Source records:
-*-*-

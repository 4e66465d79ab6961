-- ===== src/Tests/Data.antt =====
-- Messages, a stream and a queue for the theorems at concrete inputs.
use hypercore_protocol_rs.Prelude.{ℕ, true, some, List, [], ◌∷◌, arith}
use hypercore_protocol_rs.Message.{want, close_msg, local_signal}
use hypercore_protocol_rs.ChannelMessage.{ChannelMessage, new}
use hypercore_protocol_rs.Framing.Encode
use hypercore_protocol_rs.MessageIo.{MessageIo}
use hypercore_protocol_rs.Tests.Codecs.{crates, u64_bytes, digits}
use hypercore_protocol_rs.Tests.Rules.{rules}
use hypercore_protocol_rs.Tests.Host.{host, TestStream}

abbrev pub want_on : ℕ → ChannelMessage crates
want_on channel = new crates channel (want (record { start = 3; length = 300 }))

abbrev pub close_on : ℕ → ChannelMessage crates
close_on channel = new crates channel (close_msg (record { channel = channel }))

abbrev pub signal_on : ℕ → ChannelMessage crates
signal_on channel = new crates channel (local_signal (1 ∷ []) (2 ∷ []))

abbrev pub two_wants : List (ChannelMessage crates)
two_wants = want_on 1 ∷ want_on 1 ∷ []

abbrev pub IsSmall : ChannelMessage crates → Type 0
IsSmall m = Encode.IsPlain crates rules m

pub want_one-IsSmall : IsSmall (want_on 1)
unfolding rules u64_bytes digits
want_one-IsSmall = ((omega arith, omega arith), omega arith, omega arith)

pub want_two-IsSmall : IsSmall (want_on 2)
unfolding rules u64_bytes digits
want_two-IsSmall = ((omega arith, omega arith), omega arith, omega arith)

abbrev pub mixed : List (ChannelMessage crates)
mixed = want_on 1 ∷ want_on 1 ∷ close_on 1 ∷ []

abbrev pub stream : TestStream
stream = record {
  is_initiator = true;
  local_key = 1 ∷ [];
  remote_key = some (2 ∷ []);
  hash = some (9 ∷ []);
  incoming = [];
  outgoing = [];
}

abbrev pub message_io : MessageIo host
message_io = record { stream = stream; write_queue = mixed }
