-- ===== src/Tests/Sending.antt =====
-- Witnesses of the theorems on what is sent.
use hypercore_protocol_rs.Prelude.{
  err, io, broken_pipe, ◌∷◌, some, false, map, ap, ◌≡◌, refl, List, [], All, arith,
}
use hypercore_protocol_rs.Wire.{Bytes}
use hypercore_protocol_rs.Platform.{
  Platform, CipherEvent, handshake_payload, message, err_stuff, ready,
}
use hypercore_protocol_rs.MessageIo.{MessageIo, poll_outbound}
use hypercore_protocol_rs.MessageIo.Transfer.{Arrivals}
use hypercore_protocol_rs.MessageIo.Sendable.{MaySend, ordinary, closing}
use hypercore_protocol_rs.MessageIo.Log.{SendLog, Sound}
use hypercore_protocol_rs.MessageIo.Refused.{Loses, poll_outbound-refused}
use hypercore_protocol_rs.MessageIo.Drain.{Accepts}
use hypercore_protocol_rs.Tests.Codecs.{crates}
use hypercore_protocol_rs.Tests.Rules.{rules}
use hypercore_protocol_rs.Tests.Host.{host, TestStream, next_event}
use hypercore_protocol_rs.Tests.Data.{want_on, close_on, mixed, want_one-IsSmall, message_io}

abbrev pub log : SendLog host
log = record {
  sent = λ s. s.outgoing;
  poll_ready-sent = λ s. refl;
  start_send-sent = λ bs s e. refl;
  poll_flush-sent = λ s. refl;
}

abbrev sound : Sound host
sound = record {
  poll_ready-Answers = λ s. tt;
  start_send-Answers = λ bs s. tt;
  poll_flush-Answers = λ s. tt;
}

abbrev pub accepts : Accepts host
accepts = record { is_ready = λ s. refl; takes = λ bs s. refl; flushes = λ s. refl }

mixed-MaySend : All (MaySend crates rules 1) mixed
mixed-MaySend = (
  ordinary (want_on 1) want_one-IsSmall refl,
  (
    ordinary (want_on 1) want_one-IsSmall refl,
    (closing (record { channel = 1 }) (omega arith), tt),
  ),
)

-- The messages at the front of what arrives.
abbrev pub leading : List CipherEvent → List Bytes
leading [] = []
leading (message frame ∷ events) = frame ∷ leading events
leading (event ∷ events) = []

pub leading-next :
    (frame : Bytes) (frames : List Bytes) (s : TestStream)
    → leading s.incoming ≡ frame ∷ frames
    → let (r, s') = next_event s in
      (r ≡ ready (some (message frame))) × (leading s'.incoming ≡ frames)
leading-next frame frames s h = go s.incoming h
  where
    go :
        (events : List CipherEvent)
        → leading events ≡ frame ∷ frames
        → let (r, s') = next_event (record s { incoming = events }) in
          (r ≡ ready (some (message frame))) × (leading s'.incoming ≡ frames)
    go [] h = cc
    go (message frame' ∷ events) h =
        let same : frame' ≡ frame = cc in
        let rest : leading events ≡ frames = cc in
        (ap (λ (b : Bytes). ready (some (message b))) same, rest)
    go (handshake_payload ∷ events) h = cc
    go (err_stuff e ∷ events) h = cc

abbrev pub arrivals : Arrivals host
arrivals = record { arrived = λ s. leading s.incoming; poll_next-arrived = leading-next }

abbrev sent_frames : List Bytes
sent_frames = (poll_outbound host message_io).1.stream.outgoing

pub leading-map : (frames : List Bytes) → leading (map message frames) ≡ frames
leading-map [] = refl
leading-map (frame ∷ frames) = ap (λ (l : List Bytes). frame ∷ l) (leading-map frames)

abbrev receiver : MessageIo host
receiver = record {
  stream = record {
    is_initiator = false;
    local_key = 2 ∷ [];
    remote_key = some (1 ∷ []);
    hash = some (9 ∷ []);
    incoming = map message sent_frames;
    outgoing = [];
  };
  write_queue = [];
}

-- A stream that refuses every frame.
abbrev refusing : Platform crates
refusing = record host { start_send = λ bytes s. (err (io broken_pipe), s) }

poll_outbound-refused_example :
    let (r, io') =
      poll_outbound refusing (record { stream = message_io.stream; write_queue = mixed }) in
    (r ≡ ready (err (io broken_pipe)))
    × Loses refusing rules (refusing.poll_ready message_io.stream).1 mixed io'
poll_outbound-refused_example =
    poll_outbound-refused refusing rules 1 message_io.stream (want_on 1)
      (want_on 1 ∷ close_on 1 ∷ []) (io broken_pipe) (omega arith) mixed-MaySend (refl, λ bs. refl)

-*-*-

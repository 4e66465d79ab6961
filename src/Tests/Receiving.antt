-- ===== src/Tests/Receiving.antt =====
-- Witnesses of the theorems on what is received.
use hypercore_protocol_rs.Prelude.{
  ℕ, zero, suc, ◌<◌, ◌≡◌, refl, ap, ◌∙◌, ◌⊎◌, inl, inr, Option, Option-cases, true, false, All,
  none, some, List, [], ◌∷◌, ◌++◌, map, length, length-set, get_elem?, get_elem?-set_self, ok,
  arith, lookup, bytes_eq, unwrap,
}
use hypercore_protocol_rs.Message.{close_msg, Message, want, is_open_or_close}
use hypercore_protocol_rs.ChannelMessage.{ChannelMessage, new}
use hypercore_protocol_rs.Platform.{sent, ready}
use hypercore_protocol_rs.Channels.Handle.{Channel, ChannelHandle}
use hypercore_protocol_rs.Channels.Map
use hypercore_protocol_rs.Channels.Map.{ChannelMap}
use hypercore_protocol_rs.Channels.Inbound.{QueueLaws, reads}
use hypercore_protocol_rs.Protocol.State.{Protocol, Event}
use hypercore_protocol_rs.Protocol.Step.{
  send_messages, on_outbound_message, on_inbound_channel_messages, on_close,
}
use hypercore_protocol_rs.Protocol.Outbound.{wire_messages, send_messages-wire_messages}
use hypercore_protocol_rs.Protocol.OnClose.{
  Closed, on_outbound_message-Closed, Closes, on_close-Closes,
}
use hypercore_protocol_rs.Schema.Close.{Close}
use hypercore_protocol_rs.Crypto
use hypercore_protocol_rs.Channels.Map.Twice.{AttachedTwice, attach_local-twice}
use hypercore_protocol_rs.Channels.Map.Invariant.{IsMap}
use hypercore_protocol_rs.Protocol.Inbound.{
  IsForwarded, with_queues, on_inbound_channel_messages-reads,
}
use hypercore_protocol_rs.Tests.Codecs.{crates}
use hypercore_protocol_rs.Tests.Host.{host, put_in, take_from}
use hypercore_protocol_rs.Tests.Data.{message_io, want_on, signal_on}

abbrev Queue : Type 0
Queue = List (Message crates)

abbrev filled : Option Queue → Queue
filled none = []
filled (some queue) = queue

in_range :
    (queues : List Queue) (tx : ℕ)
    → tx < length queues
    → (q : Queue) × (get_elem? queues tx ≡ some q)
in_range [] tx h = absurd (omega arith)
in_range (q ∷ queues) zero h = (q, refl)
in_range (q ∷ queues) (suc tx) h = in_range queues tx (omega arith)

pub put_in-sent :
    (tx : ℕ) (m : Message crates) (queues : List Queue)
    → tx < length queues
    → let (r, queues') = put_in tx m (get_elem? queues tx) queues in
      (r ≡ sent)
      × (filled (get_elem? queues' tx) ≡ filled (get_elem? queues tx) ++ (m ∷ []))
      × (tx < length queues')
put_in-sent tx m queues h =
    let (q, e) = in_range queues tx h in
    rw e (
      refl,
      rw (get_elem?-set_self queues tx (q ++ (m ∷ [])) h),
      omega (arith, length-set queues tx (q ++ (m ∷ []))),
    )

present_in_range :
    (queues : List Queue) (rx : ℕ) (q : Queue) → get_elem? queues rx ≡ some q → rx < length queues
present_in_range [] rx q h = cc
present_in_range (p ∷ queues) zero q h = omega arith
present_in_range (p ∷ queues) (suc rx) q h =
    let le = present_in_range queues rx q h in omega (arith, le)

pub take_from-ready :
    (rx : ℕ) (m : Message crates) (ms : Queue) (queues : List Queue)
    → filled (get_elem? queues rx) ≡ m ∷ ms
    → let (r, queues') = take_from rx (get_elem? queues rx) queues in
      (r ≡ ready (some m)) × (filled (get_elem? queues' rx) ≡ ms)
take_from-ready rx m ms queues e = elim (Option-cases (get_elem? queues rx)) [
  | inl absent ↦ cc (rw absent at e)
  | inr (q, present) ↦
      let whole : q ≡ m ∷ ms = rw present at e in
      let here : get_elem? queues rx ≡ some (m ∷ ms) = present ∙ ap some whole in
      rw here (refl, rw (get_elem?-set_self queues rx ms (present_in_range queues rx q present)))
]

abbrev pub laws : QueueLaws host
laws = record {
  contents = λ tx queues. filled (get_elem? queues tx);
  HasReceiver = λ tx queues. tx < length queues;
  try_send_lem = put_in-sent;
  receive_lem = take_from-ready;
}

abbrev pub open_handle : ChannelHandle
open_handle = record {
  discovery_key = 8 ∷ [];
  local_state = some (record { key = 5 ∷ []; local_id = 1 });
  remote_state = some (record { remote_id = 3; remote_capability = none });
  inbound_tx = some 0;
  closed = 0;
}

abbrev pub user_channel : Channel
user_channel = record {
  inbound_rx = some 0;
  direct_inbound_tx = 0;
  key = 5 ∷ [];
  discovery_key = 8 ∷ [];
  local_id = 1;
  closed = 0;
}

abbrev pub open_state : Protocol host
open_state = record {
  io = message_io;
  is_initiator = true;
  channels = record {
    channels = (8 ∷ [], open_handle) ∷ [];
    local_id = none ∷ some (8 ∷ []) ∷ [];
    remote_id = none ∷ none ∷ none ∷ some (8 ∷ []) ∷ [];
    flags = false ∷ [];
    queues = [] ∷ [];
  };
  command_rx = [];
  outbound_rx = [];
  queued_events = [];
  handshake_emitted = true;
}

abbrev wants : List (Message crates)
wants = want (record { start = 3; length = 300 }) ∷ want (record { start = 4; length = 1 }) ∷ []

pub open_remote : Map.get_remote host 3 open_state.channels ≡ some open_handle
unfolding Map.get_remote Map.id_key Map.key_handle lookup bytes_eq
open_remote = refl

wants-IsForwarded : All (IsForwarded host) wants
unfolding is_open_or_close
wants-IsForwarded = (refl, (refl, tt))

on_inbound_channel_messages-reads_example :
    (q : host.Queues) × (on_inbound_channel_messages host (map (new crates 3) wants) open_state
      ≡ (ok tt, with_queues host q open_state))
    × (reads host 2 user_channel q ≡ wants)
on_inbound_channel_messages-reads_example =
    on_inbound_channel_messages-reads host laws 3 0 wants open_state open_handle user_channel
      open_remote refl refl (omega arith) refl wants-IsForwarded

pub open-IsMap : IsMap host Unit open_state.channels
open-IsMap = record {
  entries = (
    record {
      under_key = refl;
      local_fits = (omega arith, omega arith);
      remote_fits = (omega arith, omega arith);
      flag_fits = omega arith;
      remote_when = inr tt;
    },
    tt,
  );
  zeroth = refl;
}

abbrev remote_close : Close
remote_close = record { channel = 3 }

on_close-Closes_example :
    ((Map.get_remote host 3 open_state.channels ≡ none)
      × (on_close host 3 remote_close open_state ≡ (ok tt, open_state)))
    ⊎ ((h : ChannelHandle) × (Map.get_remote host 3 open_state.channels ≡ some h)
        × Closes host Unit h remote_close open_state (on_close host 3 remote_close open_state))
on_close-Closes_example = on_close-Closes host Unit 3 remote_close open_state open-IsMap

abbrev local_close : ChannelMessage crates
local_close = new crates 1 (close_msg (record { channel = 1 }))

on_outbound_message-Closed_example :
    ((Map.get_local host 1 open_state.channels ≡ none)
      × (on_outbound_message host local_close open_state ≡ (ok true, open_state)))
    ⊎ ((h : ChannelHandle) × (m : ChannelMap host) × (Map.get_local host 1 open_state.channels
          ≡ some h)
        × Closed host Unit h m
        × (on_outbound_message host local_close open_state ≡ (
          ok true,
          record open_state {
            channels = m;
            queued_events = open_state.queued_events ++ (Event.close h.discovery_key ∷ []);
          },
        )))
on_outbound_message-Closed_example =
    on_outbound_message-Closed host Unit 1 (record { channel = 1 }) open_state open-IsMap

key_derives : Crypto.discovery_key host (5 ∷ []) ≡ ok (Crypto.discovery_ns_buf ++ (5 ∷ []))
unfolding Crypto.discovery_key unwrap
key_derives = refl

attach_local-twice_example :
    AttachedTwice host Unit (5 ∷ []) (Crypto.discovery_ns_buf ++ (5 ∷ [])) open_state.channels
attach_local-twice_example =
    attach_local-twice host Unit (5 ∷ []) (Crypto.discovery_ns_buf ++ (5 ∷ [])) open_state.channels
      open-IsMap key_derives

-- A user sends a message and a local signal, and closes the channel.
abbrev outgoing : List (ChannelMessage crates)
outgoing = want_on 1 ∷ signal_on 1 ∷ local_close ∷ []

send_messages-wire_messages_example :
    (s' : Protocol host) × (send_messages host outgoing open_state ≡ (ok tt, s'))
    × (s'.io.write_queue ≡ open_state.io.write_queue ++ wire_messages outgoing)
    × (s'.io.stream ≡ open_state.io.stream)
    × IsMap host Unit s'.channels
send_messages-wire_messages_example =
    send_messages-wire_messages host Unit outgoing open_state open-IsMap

-*-*-

Task instructions: Within the records, the lines containing the string "Witnesses" are to be counted and their number given without comment.

Solution: 2